Les analystes mettent en garde : le Bitcoin commence à se comporter comme une « réserve de valeur numérique », les investisseurs cherchant un moyen de se couvrir contre la dette et les manipulations monétaires.
Bitfinex a souligné que cette corrélation entre l’or et le Bitcoin avait atteint des niveaux qui ne se maintiennent généralement pas longtemps, signalant un changement imminent de cette tendance.

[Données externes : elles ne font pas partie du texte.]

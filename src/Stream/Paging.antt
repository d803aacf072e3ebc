-- ===== src/Stream/Paging.antt =====
-- Taking a page from the front of the ids above a cursor, and what is left behind it.
use z_apply_backend.Base.{
  ℕ, zero, suc, ◌-◌, ◌≤◌, ◌<◌, ◌≡◌, refl, sym, ap, subst, ◌∙◌, List, [], ◌∷◌, ◌++◌, arith, length,
  take, drop, dec_lt,
}
use z_apply_backend.Stream.Window.{
  Ascends, above, last_or, above_whole, above_under, All-lt_trans, last_or-take_le,
  last_or-above_le,
}

module _ {A : Type 0} where
  pub take-short : (k : ℕ) (xs : List A) → length xs < k → take k xs ≡ xs
  take-short zero xs h = absurd (omega arith)
  take-short (suc k) [] h = refl
  take-short (suc k) (x ∷ xs) h = ap (◌∷◌ x) (take-short k xs (omega arith))

  pub length-take_full : (k : ℕ) (xs : List A) → k ≤ length xs → length (take k xs) ≡ k
  length-take_full zero xs h = refl
  length-take_full (suc k) [] h = absurd (omega arith)
  length-take_full (suc k) (x ∷ xs) h = ap suc (length-take_full k xs (omega arith))

  pub length-drop : (k : ℕ) (xs : List A) → length (drop k xs) ≡ length xs - k
  length-drop zero xs = omega arith
  length-drop (suc k) [] = omega arith
  length-drop (suc k) (x ∷ xs) = omega (arith, length-drop k xs)

  pub take-drop : (k : ℕ) (xs : List A) → take k xs ++ drop k xs ≡ xs
  take-drop zero xs = refl
  take-drop (suc k) [] = refl
  take-drop (suc k) (x ∷ xs) = ap (◌∷◌ x) (take-drop k xs)

-- What is above the last id of a page is what follows the page.
pub above-page :
    (c k : ℕ) (ns : List ℕ)
    → Ascends ns
    → above (last_or c (take k (above c ns))) ns ≡ drop k (above c ns)
above-page c zero [] a = refl
above-page c (suc k) [] a = refl
above-page c k (n ∷ ns) a = elim (dec_lt c n) [
  | yes b ↦
      subst rest (sym (above_whole c (n ∷ ns) (b, All-lt_trans c n ns (omega arith) a.0)))
        (front k (λ j. above-page n j ns a.1) b)
  | no b ↦
      subst rest (sym (above_under 0 c n ns (omega arith)))
        (above_under 0 _ n ns (omega (arith, last_or-above_le c k ns a.1)) ∙ above-page c k ns a.1)
]
  where
    rest : List ℕ → Type 0
    rest l = above (last_or c (take k l)) (n ∷ ns) ≡ drop k l

    front :
        (k : ℕ)
        → ((j : ℕ) → above (last_or n (take j (above n ns))) ns ≡ drop j (above n ns))
        → c < n
        → above (last_or c (take k (n ∷ ns))) (n ∷ ns) ≡ drop k (n ∷ ns)
    front zero ih b = above_whole c (n ∷ ns) (b, All-lt_trans c n ns (omega arith) a.0)
    front (suc k) ih b =
        above_under 0 _ n ns (last_or-take_le k n ns a.0 a.1)
        ∙ subst (λ l. above (last_or n (take k l)) ns ≡ drop k l) (above_whole n ns a.0) (ih k)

« Les deux actifs s’échangent comme un instrument de couverture unique contre la dépréciation monétaire, $BTC étant la version avec un bêta plus élevé, mais cet indicateur a déjà été rompu par le passé. Un environnement potentiel de réduction des risques montrera si le Bitcoin reste aligné sur l’or ou chute avec les actions », a souligné Bitfinex.
Cela intervient dans un contexte de changement de l’environnement macroéconomique : de l’essor de l’intelligence artificielle vers des stratégies de dépréciation monétaire, les actions récentes du Trésor américain et les événements négatifs liés à la dette américaine influençant désormais les prévisions économiques et le rôle du dollar en tant que monnaie de réserve.
Parallèlement, l’échange a attiré l’attention sur $BTC en tant qu’outil clé pour les investisseurs techniquement avertis, échangeant sur la base de la dépréciation monétaire, soulignant que le prix du Bitcoin était sorti de la phase d’accumulation pour entrer dans une phase de croissance.
« Le multiple de marché Delta-Thermo est à 2,03, ce qui correspond au seuil de 2,5x à partir duquel la phase de croissance commence, tandis que le sommet de distribution à 3,5x se situe bien au-dessus. Le modèle considère cela comme le début d’une phase de croissance, et non comme une progression vers un sommet », note Bitfinex.
La situation actuelle rappelle une configuration similaire en 2024, lorsque les stratégistes de JPMorgan ont lié la tendance d’investissement aux « inquiétudes concernant une "érosion de la dette" due aux déficits publics élevés persistants dans les plus grandes économies, à la baisse de confiance dans les monnaies fiduciaires sur certains marchés émergents, ainsi qu’à une diversification plus large au détriment du dollar ».
Cependant, lors de son entrée en scène à Jackson Hole, le président de la Réserve fédérale Kevin Warsh a contesté le récit de « l’érosion de la dette », adoptant une position « de faucon », soulignant que l’objectif d’inflation de 2 % restait d’actualité et laissant entendre de futures hausses de taux d’intérêt.